Start of MATERIAL PROVIDED
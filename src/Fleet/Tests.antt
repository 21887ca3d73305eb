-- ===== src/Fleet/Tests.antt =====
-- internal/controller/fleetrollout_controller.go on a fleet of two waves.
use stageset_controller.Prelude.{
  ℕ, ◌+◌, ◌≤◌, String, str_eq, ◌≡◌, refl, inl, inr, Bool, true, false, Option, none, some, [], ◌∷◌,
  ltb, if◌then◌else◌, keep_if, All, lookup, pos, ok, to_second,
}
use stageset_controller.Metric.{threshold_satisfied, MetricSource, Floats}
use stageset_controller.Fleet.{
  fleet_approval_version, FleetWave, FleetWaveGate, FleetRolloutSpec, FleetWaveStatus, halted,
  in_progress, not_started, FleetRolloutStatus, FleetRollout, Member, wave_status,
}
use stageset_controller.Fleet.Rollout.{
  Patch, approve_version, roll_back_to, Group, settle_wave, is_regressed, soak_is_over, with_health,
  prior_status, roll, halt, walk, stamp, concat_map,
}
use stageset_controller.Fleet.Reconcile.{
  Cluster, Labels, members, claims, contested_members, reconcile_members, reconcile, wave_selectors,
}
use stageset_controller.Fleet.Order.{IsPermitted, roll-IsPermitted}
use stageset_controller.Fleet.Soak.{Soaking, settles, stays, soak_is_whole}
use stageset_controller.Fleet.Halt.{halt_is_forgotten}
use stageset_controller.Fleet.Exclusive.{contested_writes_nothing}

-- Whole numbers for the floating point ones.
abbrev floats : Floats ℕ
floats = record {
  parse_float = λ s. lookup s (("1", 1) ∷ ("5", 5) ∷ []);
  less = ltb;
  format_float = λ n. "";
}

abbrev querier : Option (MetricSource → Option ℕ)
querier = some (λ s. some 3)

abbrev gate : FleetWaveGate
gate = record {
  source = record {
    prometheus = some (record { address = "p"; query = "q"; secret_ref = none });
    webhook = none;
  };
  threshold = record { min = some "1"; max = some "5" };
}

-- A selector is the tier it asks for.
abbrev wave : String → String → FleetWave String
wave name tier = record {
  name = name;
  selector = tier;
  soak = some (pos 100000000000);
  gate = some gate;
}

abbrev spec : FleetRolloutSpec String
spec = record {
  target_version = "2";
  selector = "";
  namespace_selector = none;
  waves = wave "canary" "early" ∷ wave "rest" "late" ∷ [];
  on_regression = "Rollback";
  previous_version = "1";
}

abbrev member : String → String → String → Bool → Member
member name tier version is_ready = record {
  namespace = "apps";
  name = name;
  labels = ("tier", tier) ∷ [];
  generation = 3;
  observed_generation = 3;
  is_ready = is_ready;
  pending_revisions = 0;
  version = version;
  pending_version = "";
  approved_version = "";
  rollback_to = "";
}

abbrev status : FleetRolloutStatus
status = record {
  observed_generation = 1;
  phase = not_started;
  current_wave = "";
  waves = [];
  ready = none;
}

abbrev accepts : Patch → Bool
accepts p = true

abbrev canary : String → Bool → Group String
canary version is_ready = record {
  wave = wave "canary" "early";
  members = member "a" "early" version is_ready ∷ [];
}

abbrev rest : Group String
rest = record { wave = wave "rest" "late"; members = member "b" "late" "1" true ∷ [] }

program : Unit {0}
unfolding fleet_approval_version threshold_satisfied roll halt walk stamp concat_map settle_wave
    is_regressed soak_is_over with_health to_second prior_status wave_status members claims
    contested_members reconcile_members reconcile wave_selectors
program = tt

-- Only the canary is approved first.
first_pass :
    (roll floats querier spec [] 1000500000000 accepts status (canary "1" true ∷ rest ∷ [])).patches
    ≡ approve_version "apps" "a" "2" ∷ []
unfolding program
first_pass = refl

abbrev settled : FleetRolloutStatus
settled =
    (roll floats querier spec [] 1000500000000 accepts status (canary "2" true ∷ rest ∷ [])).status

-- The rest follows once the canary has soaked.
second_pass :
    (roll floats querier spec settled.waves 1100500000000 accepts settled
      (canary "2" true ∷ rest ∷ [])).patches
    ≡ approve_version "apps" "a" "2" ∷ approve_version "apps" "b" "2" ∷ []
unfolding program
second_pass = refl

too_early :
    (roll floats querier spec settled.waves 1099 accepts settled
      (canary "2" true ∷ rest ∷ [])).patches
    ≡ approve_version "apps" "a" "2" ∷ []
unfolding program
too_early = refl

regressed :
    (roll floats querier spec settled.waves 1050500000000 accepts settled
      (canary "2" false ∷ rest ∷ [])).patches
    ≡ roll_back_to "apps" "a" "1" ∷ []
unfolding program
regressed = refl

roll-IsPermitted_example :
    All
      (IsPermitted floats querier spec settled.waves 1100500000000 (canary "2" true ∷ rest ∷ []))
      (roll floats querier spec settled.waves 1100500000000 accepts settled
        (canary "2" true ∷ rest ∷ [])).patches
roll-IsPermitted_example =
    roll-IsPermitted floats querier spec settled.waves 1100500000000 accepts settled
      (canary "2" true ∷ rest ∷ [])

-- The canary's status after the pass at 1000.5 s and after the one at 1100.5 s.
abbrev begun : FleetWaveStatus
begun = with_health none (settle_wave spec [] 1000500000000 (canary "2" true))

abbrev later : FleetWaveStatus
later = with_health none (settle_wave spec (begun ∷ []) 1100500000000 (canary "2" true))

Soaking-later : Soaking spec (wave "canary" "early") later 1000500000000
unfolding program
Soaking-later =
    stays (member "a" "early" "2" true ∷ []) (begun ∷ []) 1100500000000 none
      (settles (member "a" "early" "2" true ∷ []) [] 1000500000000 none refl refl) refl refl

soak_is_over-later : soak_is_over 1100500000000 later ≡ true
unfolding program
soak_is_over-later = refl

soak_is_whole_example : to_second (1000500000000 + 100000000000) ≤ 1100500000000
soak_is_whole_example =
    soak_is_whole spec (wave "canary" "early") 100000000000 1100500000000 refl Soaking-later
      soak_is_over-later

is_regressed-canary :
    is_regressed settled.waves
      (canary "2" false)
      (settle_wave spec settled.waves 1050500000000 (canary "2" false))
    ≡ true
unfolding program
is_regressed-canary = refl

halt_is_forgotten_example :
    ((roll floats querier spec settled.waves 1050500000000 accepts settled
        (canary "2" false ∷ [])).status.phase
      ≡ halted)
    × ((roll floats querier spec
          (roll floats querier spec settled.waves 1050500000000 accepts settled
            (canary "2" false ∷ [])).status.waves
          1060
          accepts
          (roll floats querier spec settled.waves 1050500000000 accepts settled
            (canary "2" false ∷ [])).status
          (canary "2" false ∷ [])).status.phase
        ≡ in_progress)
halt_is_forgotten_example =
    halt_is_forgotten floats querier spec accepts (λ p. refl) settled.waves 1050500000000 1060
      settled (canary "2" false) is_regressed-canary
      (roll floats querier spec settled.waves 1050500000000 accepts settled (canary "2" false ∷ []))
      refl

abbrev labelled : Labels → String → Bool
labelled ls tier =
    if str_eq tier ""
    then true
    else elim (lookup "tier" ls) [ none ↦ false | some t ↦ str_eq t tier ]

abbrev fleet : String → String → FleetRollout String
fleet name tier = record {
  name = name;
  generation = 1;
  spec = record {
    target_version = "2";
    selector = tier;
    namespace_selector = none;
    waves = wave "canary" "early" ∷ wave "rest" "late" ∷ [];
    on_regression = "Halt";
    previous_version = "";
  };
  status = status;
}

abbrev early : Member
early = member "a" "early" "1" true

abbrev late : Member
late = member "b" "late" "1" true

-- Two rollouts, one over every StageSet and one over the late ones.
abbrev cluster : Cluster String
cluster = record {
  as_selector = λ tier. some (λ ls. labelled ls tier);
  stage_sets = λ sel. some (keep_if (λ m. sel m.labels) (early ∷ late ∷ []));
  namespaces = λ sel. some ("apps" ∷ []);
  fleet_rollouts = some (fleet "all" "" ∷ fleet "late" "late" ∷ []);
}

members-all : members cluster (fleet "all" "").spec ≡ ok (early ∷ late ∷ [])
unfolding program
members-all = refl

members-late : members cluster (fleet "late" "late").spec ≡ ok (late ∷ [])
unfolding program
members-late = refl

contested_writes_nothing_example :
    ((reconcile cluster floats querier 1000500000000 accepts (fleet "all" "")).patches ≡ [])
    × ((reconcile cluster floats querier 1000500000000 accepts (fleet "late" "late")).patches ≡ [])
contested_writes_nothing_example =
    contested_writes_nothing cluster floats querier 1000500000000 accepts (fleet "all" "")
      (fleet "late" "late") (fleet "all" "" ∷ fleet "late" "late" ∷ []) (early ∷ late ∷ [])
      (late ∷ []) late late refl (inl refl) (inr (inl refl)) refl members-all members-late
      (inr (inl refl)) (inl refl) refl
End of MATERIAL PROVIDED
Start of MATERIAL PROVIDED
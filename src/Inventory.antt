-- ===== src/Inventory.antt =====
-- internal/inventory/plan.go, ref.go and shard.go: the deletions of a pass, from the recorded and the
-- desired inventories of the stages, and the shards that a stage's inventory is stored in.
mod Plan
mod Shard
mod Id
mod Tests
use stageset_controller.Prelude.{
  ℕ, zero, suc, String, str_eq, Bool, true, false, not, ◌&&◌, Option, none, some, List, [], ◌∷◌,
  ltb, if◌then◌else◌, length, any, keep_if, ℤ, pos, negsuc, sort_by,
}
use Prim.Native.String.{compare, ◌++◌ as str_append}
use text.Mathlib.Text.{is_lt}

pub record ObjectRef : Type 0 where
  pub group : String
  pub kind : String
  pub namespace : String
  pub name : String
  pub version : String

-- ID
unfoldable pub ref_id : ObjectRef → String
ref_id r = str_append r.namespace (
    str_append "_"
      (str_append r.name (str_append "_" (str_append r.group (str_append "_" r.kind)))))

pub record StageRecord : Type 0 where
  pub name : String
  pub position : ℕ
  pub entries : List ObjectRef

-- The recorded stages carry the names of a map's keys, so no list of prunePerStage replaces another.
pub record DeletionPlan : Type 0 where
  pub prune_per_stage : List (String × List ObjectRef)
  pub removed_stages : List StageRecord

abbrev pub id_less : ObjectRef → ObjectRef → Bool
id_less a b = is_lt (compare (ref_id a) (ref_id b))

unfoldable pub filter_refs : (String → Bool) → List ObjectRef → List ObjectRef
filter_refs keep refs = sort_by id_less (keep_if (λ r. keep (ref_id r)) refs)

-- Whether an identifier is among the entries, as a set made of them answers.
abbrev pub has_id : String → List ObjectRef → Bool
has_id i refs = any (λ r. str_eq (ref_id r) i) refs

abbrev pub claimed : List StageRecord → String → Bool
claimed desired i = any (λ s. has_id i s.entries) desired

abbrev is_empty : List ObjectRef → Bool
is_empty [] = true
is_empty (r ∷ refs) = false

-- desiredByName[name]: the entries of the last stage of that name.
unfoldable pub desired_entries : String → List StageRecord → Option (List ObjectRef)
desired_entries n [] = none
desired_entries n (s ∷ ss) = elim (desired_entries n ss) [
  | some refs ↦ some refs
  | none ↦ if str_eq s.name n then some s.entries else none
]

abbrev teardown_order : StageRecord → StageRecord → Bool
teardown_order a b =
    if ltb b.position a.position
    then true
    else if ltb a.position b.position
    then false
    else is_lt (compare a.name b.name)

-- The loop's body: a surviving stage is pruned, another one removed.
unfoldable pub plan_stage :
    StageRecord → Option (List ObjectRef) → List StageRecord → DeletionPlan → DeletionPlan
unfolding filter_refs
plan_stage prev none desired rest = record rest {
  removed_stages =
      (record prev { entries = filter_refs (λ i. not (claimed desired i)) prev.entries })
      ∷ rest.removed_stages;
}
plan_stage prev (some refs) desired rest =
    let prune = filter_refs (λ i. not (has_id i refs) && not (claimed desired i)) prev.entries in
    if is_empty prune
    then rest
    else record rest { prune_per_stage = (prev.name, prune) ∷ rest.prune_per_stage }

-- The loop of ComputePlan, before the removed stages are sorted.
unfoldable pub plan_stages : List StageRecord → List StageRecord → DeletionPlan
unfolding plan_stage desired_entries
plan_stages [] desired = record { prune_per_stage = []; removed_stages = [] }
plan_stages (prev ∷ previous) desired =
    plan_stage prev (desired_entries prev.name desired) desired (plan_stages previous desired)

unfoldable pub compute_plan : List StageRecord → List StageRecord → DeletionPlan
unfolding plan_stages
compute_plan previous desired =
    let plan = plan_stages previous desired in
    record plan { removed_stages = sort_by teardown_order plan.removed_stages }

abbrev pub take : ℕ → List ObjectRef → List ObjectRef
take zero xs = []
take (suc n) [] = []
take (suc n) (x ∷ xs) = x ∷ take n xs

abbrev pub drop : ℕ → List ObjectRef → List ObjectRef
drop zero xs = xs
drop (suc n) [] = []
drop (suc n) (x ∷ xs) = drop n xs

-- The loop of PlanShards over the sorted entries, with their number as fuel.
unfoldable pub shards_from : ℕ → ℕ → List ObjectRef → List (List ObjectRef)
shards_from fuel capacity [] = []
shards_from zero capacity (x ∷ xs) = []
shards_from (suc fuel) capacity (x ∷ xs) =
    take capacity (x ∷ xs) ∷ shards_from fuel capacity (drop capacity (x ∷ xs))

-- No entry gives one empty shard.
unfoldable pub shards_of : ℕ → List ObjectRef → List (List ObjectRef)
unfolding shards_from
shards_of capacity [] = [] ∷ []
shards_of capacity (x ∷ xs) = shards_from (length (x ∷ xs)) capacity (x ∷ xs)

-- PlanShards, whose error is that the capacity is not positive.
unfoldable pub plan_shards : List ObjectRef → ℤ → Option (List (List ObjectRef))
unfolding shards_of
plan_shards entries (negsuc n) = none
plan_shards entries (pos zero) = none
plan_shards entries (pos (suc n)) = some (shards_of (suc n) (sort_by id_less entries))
End of MATERIAL PROVIDED
Start of MATERIAL PROVIDED
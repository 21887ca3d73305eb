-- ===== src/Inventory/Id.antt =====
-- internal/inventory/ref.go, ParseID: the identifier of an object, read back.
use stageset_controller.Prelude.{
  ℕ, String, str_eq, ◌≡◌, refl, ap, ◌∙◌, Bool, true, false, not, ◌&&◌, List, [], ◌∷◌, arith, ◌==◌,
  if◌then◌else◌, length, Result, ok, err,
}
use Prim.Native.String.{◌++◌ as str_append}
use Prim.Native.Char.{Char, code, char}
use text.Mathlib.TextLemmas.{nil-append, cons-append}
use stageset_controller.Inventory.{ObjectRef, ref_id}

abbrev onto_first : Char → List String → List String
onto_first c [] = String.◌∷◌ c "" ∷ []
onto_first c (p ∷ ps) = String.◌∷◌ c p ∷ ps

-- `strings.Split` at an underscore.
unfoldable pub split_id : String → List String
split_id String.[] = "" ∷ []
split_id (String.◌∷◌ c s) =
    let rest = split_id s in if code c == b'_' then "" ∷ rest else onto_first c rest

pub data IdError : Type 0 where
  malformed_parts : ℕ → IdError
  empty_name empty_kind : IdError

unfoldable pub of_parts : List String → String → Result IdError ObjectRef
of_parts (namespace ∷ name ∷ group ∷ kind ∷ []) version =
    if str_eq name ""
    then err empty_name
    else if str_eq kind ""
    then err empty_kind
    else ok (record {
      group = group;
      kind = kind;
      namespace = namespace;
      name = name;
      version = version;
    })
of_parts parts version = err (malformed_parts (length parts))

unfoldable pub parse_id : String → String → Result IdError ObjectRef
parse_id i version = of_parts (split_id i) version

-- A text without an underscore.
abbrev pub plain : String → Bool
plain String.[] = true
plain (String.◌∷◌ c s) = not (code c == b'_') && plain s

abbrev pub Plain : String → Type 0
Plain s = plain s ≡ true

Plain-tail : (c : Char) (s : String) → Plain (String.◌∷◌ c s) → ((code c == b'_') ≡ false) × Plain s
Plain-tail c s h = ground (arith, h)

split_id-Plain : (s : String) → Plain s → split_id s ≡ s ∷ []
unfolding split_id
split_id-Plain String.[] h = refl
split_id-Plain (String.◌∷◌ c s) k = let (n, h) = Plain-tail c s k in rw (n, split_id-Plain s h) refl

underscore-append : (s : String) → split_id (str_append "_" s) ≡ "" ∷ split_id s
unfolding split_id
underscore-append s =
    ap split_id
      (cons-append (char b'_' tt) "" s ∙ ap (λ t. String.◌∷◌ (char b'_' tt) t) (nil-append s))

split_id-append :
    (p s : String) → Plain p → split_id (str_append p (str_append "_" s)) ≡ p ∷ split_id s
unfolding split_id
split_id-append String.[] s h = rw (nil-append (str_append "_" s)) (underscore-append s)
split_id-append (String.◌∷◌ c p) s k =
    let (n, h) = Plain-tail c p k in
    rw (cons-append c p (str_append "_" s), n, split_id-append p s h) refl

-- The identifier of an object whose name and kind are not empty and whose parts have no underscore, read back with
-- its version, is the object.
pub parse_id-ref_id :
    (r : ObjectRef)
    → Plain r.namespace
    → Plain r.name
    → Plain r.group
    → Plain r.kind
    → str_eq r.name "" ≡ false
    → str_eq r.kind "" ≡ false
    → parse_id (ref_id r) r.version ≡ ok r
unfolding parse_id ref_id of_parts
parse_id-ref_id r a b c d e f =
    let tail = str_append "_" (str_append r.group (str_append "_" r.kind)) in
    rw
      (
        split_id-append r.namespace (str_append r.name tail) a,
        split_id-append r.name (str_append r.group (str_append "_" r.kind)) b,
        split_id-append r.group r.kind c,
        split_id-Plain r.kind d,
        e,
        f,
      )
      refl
End of MATERIAL PROVIDED
Out of the preceding entries, pull every line containing the string "labelled".

**EXERCISE RESPONSE**
abbrev labelled : Labels → String → Bool
labelled ls tier =
  as_selector = λ tier. some (λ ls. labelled ls tier);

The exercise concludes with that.